Wheat varieties traded in Kansas City and Minneapolis remain the darlings of the grain markets. For the week, nearby wheat futures in Chicago lost more than eight cents. The December corn contract fell by three cents.

Soybean prices slumped again thanks to the bigger crop estimates. For the week, November beans lost nine cents. The nearby meal contract was off $1.90 a ton.

Cotton prices continued their steady climb. The October futures contract went off the board Friday with a gain of 70 cents for the week.

It was another great week for livestock prices. The October live cattle contract was up $1.13. Nearby feeders jumped $2.90. And the October lean hog contract improved by $1.35.

In the financials, Comex gold climbed another $5.70 an ounce. Nearby crude oil prices slipped $4.40 a barrel. The Euro gained 101 basis points against the dollar. And the CRB Index fell three points to close at 331.50.

Here now to lend us their insight on these and other market trends are two of senior market analysts, Walt Hackney and Doug Jackson. Welcome back.

Market Analysis: Oct 07, 2005 Pearson: Alright, well Doug let's talk about this wheat market. We follow Chicago wheat here on the show, the soft red varieties and we've seen some, of course, a nice rally there and then we're backing off the last couple of weeks. But the spring wheat varieties seem to really be jumping.

Jackson: Mark, the September 30 production number cut the U.S. spring wheat crop sharply. We had record good crop ratings earlier in the year, we expected a record yield, a record crop and it turned out to be damaged at the last minute and not nearly as big as expected. So, the USDA will be incorporating some relatively significant changes in their subclass projections next week and the Wednesday supply/demand repots. We have a smaller crop of spring wheat, extra demand from Nigeria and Iraq due to structural, logistics and political problems that have them buying Australian and U.S. wheat even though there are a lot of cheaper wheats in the world. So, the hard red situation continues to tighten and the total wheat supply in the United States is not a great deal different now as it turns out to a year ago.

Jackson: So, the wheat market is dealing with a lot of structural changes and fundamental changes of attitude here. We have dryness in the Ukraine; we have some questions about the quality and size of the Canadian crop. We have some dry weather in the U.S. and yet major exporters' supplies in the world are still very adequate. Black seed prices are way below U.S. values. The funds were short a record amount of Chicago wheat and long a record coming out of Kansas City. The technicals moved enough that the funds covered that entire 40,000 contract short position at Chicago. Now they're even, we've had the rally, now the question is whether U.S. prices are still so high versus the world that we'll see the funds come in and re-sell the Chicago variety which has very, very poor demand and some of the lowest new crop sales in years.

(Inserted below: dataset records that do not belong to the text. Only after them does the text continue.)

-- ===== src/Tests/Utils.antt =====
-- Examples for the theorems about libspider/Utils.cpp.
use crowdspider.Base.{
  ℕ, ◌+◌, ◌*◌, ◌/◌, ◌≡◌, refl, ◌↔◌, true, false, some, [], ◌∷◌, ◌++◌, arith, length, replicate,
  Bytes, codes,
}
use crowdspider.Base.Int.{negsuc}
use crowdspider.Utils.Base64.{
  tbl_at, wget_block, pad_two, base64_encode, base64_decode, own_char, shift_6, own_quad, own_block,
  own_blocks, own_base64_encode,
}
use crowdspider.Utils.Base64.Own.{is_spoiled, own_base64_encode_iff}
use crowdspider.Utils.Base64.RoundTrip.{fill, base64_decode-base64_encode}
use crowdspider.Utils.Numbers.{write_digits, itoa}
use crowdspider.Utils.ReadLine.{
  interrupted, chunk, Reader, read_line_init, refill, readc, push, read_loop, read_line_ex,
}

abbrev query : Bytes
query = codes "a%&"

-- Credentials that Base64Encode writes wrongly, and ones that it writes as it should.
abbrev spoiled : Bytes
spoiled = codes "u@1p"

abbrev sound : Bytes
sound = codes "u:1s"

spoiled-is_spoiled : is_spoiled spoiled ≡ true
unfolding is_spoiled
spoiled-is_spoiled = refl

sound_encoded : own_base64_encode sound ≡ some (codes "dToxcw==")
unfolding own_base64_encode own_blocks own_block own_quad own_char shift_6
sound_encoded = refl

spoiled_encoded : own_base64_encode spoiled ≡ some (codes "dU=xc===")
unfolding own_base64_encode own_blocks own_block own_quad own_char shift_6
spoiled_encoded = refl

spoiled_by_wget : base64_encode 0 spoiled ≡ some (codes "dUAxcA==")
unfolding base64_encode wget_block tbl_at pad_two
spoiled_by_wget = refl

abbrev Coded : ℕ → Bytes → Type 0
Coded beyond s =
    (t : Bytes) × (base64_encode beyond s ≡ some t)
    × (base64_decode t ≡ s ++ replicate (fill (length s)) 0)
    × (length t ≡ 4 * ((length s + 2) / 3))

base64_decode-base64_encode_example : Coded 7 sound
base64_decode-base64_encode_example =
    base64_decode-base64_encode 7 sound (omega arith)
      (omega arith, (omega arith, (omega arith, (omega arith, tt))))

own_base64_encode_iff_example :
    (own_base64_encode sound ≡ base64_encode 7 sound) ↔ (is_spoiled sound ≡ false)
own_base64_encode_iff_example =
    own_base64_encode_iff 7 sound (omega arith)
      (
        (omega arith, omega arith),
        (
          (omega arith, omega arith),
          ((omega arith, omega arith), ((omega arith, omega arith), tt)),
        ),
      )
      (omega arith)

itoa_run : itoa (negsuc 119) ≡ some (codes "-120")
unfolding itoa write_digits
itoa_run = refl

-- A line cut up by two reads and an interruption.
abbrev cut_up : Reader
cut_up = read_line_init (chunk b'a' [] ∷ interrupted ∷ chunk b'b' (10 ∷ b'c' ∷ []) ∷ [])

cut_up_read :
    read_line_ex 10 cut_up
    ≡ some (record {
      count = 3;
      text = codes "ab" ++ 10 ∷ [];
      left = record { buffered = codes "c"; feed = [] };
    })
unfolding read_line_ex read_loop readc refill push
cut_up_read = refl

-- Without a newline the count is one more than the bytes.
unended_read :
    read_line_ex 10 (read_line_init (chunk b'a' (b'b' ∷ []) ∷ []))
    ≡ some (record { count = 3; text = codes "ab"; left = record { buffered = []; feed = [] } })
unfolding read_line_ex read_loop readc refill push
unended_read = refl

So, we have a totally different situation in the subclasses, a generally adequate supply from the longer term view. Prices at these levels are probably unsustainable but you may see a lot more choppy price action as we've been seeing here in recent weeks.

Pearson: Okay, for those subclasses, for the hard red spring wheats, you recommend making sales?

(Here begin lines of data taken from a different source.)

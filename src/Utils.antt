-- ===== src/Utils.antt =====
-- libspider/Utils.cpp: the codecs, numbers, times and paths of the crawler's helpers.
pub mod Url
pub mod Base64
pub mod Numbers
pub mod Paths
pub mod ReadLine
pub mod Chars
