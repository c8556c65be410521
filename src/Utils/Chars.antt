-- ===== src/Utils/Chars.antt =====
-- StrLen, StrCmp and StrCpy (libspider/Utils.cpp), on the bytes from a pointer to the end of its
-- allocation; `none` reads or writes behind it.
use crowdspider.Base.{
  ℕ, suc, ◌+◌, ◌-◌, ◌%◌, ◌^◌, ◌<◌, ◌≡◌, refl, ap, ◌↔◌, inl, inr, true, false, Option, none, some,
  [], ◌∷◌, ◌++◌, arith, ◌==◌, if◌then◌else◌, Bool-cases, ◌>>=◌, length, drop, All, Bytes, schar,
}

unfoldable pub str_len : Bytes → Option ℕ
str_len [] = none
str_len (c ∷ s) = let rest = str_len s >>= λ n. some (n + 1) in if c == 0 then some 0 else rest

-- `s1[i] - s2[i]` of signed characters, as a 32-bit word
unfoldable pub char_diff : ℕ → ℕ → ℕ
char_diff a b = (schar a + (2 ^ 32 - schar b)) % 2 ^ 32

unfoldable pub str_cmp : Bytes → Bytes → Option ℕ
str_cmp (a ∷ s) (b ∷ t) =
    let rest = str_cmp s t in
    if char_diff a b == 0 then (if a == 0 then some 0 else rest) else some (char_diff a b)
str_cmp _ _ = none

-- The destination after the copy; it keeps what stands behind the NUL.
unfoldable pub str_cpy : Bytes → Bytes → Option Bytes
str_cpy (d ∷ dst) (c ∷ src) =
    let rest = str_cpy dst src >>= λ r. some (c ∷ r) in if c == 0 then some (0 ∷ dst) else rest
str_cpy _ _ = none

-- A byte of a text, other than NUL
abbrev pub TextByte : ℕ → Type 0
TextByte c = (0 < c) × (c < 256)

char_diff_iff : (a b : ℕ) → a < 256 → b < 256 → (char_diff a b == 0) ≡ (a == b)
unfolding char_diff
char_diff_iff a b ha hb = ground arith

zero_diff : (char_diff 0 0 == 0) ≡ true
unfolding char_diff
zero_diff = refl

-- StrCmp on two texts of bytes answers 0 exactly if they are equal, and reads nothing behind them.
pub str_cmp_iff :
    (s t : Bytes)
    → All TextByte s
    → All TextByte t
    → (d : ℕ) × (str_cmp (s ++ 0 ∷ []) (t ++ 0 ∷ []) ≡ some d) × ((d ≡ 0) ↔ (s ≡ t))
unfolding str_cmp
str_cmp_iff [] [] hs ht = (0, rw zero_diff refl, ((λ e. refl), (λ e. refl)))
str_cmp_iff [] (b ∷ t) hs ht =
    let z = char_diff_iff 0 b (omega arith) ht.0.1 in (char_diff 0 b, ground arith, ground arith)
str_cmp_iff (a ∷ s) [] hs ht =
    let z = char_diff_iff a 0 hs.0.1 (omega arith) in (char_diff a 0, ground arith, ground arith)
str_cmp_iff (a ∷ s) (b ∷ t) hs ht =
    let (d, q, i) = str_cmp_iff s t hs.1 ht.1 in
    let z = char_diff_iff a b hs.0.1 ht.0.1 in
    elim (Bool-cases (a == b)) [
      | inl e ↦ (d, ground arith, ground arith)
      | inr e ↦ (char_diff a b, ground arith, ground arith)
    ]

-- StrCpy copies a text with its NUL to the head of a block that has room for it, and StrLen then
-- counts the text.
pub str_len-str_cpy :
    (dst s : Bytes)
    → All TextByte s
    → length s < length dst
    → (r : Bytes) × (str_cpy dst (s ++ 0 ∷ []) ≡ some r)
      × (r ≡ (s ++ 0 ∷ []) ++ drop (suc (length s)) dst)
      × (str_len r ≡ some (length s))
unfolding str_cpy str_len
str_len-str_cpy [] s hs h = absurd (omega arith)
str_len-str_cpy (d ∷ dst) [] hs h = (0 ∷ dst, refl, refl, refl)
str_len-str_cpy (d ∷ dst) (c ∷ s) hs h =
    let (r, q, e, l) = str_len-str_cpy dst s hs.1 (omega arith) in
    let z : (c == 0) ≡ false = ground arith in
    let add_one : length s + 1 ≡ suc (length s) = omega arith in
    (c ∷ r, rw (z, q, str_cpy) refl, ap (◌∷◌ c) e, rw (z, l, str_len) (ap some add_one))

Jackson: We actually think Kansas City could gain to 50 or 60 over Chicago so that would be another twenty or thirty cents from here. Minneapolis may continue to gain on Chicago. Everything is probably going to gain on soft wheat. But we might see some further strength in Kansas City as I just said. But the soft wheat varieties probably are still overpriced and need to be sold right here.

Pearson: Alright, let's talk about the corn market, which, of course, we're in the full brunt of harvest is occurring right now and typically we're seeing prices soften up some. Basis prices have been very -- terrible. Let's call a spade a spade for the most part throughout the Corn Belt. What is your advice to a corn grower right now?

Jackson: Well, Mark, we're still in the process of discovering how big this corn crop is. Our estimate, and other well-followed private analysts throughout this week, everybody is adding 200, 300, 400 or more to the current projection from September. We already faced a record storage problem with the September production numbers particularly in the Western Corn Belt. Now we're adding two or three or four hundred million on top of that. Nebraska, Minnesota and Iowa will clearly face a storage deficit problem this year that is beyond anything ever imagined, even much worse than a year ago.

Jackson: We have a transportation problem, we have sky-high car freight, we have sky-high barge freight, we have a situation that just can not move the grain. And as you said, we're going to see record low basis values. The game here is really much as it was last year. People will take their LDP payments, forty or fifty cents a bushel at harvest, generate a lot of cash flow, they won't want to make any cash grain sales but the trick here is to make those sales for Jan., Feb., March, April, May, capture those carrying charges, this huge carrying charge in the cash market. You can net well above long by doing so. The producer that has the space to hold the grain can capture those carrying charges, earn that. But selling it in this very depressed, almost non-existent cash market in the nearby is going to be a very ugly thing to do but we may get to the end of this storage problem into this harvest and find out people will still have to make forced sales at unattractive prices. Unfortunately the supply/demand situation this year may actually be more bearish than a year ago. We didn't have a two billion carryout estimate last year until February. Today we're already imagining a 2.2 billion carryout or more. July corn futures went down, too, and below two dollars last year. Even after beans had rallied, stay at $2.32 roughly, they spent very little time above $2.35 last year. We would see July corn today until we get clear out into next summer as up five, down twenty-five items. So, very little upside, make those sales and lock that carrying charge in today. There is not much opportunity in the corn unless we get into a drought a year from now.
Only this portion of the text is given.